# Sad News From Kauai



## Kauai Kid (Sep 28, 2012)

Noho, the Hawaiian Monk Seal, was born on Kauai, was only three years old when he was found dead on a northeastern beach on Kaua'i under suspicious circumstances.  Monk Seals normal lifetime is 25-30 years. 

He was the FIFTH Hawaiian monk seal to be killed since last year.  Four were bludgeoned or shot, and one killing remains under investigation.  More have probably been attacked offshore, never to be found. 


There are estimated to be less than 1100 Hawaiian Monk Seals and if things continue they could go extinct.
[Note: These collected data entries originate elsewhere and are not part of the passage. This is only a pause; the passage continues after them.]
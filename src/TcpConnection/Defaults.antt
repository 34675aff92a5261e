-- ===== src/TcpConnection/Defaults.antt =====
-- Callbacks.cc: the callbacks of a connection for which the program sets none.
use mynuduo.Base.{Option, Returns, some}
use mynuduo.Buffer.{retrieve_all}
use mynuduo.Buffer.Retrieve.{retrieve_all_lem}
use mynuduo.Poller.{Epoll}
use mynuduo.TcpConnection.{Connection, UserCallbacks}
use mynuduo.TcpConnection.Inv.{Inv}
use mynuduo.TcpConnection.Close.{KeepsInv}

module _ (k : Epoll) where
  -- It only logs.
  unfoldable pub default_connection_callback : Connection k → Option (Connection k)
  default_connection_callback w = some w

  -- What comes is thrown away.
  pub default_message_callback : Connection k → Option (Connection k)
  default_message_callback w = some (record w { input = retrieve_all w.input })

  -- `on_close` is what the owner of the connection sets.
  abbrev pub defaults : (Connection k → Option (Connection k)) → UserCallbacks k
  defaults on_close = record {
    on_connection = default_connection_callback;
    on_message = default_message_callback;
    on_close = on_close;
  }

  -- Both keep a connection in order, if the owner's callback does.
  pub defaults-KeepsInv :
      (on_close : Connection k → Option (Connection k))
      → ((w : Connection k) → Inv k w → Returns (Inv k) (on_close w))
      → KeepsInv k (defaults on_close)
  unfolding default_connection_callback default_message_callback
  defaults-KeepsInv on_close closes = record {
    connection = λ w v. v;
    message = λ w v. record {
      synced = v.synced;
      input_valid = (retrieve_all_lem v.input_valid).0;
      output_valid = v.output_valid;
      waits = v.waits;
    };
    close = closes;
  }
Please consider a donation to the National Wildlife Federation to help protect one of the most endangered species in the world.


Mahalo, Sterling


----------



## slip (Sep 28, 2012)

I haven't seen one yet. One thing I'm really looking forward to though.
I have heard the stories about them  being killed though. I don't know what
they would do with them. I heard some were just shot and just left there.
What a terrible waste.


----------



## T_R_Oglodyte (Sep 28, 2012)

slip said:


> I haven't seen one yet. One thing I'm really looking forward to though.
> I have heard the stories about them  being killed though. I don't know what
> they would do with them. I heard some were just shot and just left there.
> What a terrible waste.



Summer of 2011 we (DW, DD, DS, SIL) were at Gillins Beach. The kids were in the water when DD said there was something swam right past her.  Turned out to  be monk seal pup.  The pup came ashore and wanted to be interacting with people.  He beached himself right in front of a group of people and was interacting with them.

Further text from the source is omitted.